> **Work request**:
Copy all lines of the listing that include the string "refl".

---+---

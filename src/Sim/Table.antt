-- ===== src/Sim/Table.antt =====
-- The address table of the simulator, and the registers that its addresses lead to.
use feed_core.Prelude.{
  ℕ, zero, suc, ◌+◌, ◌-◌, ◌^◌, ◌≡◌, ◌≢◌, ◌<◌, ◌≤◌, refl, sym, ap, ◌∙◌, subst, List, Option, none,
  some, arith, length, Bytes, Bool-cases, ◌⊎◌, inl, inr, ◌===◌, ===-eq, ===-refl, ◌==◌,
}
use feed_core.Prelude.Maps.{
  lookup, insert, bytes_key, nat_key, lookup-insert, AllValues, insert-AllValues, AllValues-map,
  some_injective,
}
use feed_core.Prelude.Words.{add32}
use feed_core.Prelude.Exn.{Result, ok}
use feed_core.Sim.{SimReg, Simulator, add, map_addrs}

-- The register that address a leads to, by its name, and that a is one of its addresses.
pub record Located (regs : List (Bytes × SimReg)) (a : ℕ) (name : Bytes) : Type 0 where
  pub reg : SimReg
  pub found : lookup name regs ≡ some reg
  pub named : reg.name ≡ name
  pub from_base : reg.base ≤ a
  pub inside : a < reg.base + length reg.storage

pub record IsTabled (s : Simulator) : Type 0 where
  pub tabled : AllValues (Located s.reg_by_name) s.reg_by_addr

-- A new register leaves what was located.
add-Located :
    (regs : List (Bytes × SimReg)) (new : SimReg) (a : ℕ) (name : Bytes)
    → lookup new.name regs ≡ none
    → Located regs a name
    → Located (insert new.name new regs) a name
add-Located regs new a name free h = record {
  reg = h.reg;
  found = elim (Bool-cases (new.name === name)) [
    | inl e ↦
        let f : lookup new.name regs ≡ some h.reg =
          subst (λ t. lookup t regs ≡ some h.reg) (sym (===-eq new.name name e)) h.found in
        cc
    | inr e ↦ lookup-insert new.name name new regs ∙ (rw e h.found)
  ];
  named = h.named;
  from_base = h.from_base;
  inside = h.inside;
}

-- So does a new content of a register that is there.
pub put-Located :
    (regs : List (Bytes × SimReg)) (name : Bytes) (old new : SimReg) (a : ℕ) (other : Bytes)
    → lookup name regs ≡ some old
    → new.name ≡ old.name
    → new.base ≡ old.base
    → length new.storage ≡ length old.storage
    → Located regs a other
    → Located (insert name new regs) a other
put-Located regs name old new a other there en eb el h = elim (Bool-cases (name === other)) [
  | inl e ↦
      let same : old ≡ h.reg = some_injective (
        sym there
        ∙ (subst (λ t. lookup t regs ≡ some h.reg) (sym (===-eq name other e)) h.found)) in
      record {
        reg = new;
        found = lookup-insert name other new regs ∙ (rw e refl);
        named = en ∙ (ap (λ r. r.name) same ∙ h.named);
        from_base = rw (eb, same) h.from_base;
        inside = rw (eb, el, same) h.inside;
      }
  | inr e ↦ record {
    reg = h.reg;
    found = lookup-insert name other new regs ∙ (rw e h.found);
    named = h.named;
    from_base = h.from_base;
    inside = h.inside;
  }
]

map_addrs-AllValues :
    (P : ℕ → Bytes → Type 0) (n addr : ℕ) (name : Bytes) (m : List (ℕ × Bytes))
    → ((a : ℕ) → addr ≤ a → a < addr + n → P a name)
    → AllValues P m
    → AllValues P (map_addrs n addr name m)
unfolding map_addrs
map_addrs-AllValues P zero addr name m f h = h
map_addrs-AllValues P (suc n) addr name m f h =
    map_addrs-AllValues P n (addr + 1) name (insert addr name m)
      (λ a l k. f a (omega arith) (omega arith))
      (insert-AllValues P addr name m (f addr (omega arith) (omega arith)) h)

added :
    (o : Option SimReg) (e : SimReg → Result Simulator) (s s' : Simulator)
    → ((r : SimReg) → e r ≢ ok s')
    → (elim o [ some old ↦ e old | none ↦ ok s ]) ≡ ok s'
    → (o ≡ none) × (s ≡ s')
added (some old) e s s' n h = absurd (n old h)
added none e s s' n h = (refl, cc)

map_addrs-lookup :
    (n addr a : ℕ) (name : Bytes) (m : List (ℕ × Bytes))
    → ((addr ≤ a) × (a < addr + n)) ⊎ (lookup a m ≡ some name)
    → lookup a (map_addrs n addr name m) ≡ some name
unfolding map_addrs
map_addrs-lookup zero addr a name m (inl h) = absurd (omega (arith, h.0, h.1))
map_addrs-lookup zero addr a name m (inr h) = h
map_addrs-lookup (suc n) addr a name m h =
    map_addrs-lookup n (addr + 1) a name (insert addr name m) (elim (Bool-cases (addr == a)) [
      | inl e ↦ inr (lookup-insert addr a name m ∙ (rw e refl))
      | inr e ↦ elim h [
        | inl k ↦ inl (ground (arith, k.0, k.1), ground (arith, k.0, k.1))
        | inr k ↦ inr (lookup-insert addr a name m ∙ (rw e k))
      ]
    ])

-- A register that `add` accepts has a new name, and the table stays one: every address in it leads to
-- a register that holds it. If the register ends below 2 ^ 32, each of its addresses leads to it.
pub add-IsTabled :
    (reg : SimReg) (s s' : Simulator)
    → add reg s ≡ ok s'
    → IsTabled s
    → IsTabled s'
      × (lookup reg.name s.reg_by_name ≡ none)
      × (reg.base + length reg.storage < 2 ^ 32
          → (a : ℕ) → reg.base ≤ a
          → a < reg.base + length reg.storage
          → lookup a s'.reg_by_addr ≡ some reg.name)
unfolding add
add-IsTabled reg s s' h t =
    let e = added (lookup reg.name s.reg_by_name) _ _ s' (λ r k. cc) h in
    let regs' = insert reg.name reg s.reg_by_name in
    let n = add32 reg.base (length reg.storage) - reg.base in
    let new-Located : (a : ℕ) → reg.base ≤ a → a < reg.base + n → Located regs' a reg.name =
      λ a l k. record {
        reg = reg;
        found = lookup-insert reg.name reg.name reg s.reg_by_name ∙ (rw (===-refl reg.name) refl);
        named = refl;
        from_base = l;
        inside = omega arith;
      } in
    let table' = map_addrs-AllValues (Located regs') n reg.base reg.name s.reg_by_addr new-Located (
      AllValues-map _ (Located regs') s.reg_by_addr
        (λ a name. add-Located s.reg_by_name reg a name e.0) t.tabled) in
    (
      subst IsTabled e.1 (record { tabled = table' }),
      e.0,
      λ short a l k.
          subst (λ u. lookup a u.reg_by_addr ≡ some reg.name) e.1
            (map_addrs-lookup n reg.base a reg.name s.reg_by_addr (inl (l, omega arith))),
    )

---+---

> **Answer space**:
  ℕ, zero, suc, ◌+◌, ◌-◌, ◌^◌, ◌≡◌, ◌≢◌, ◌<◌, ◌≤◌, refl, sym, ap, ◌∙◌, subst, List, Option, none,
  some, arith, length, Bytes, Bool-cases, ◌⊎◌, inl, inr, ◌===◌, ===-eq, ===-refl, ◌==◌,
        found = lookup-insert name other new regs ∙ (rw e refl);
added none e s s' n h = (refl, cc)
      | inl e ↦ inr (lookup-insert addr a name m ∙ (rw e refl))
        found = lookup-insert reg.name reg.name reg s.reg_by_name ∙ (rw (===-refl reg.name) refl);
        named = refl;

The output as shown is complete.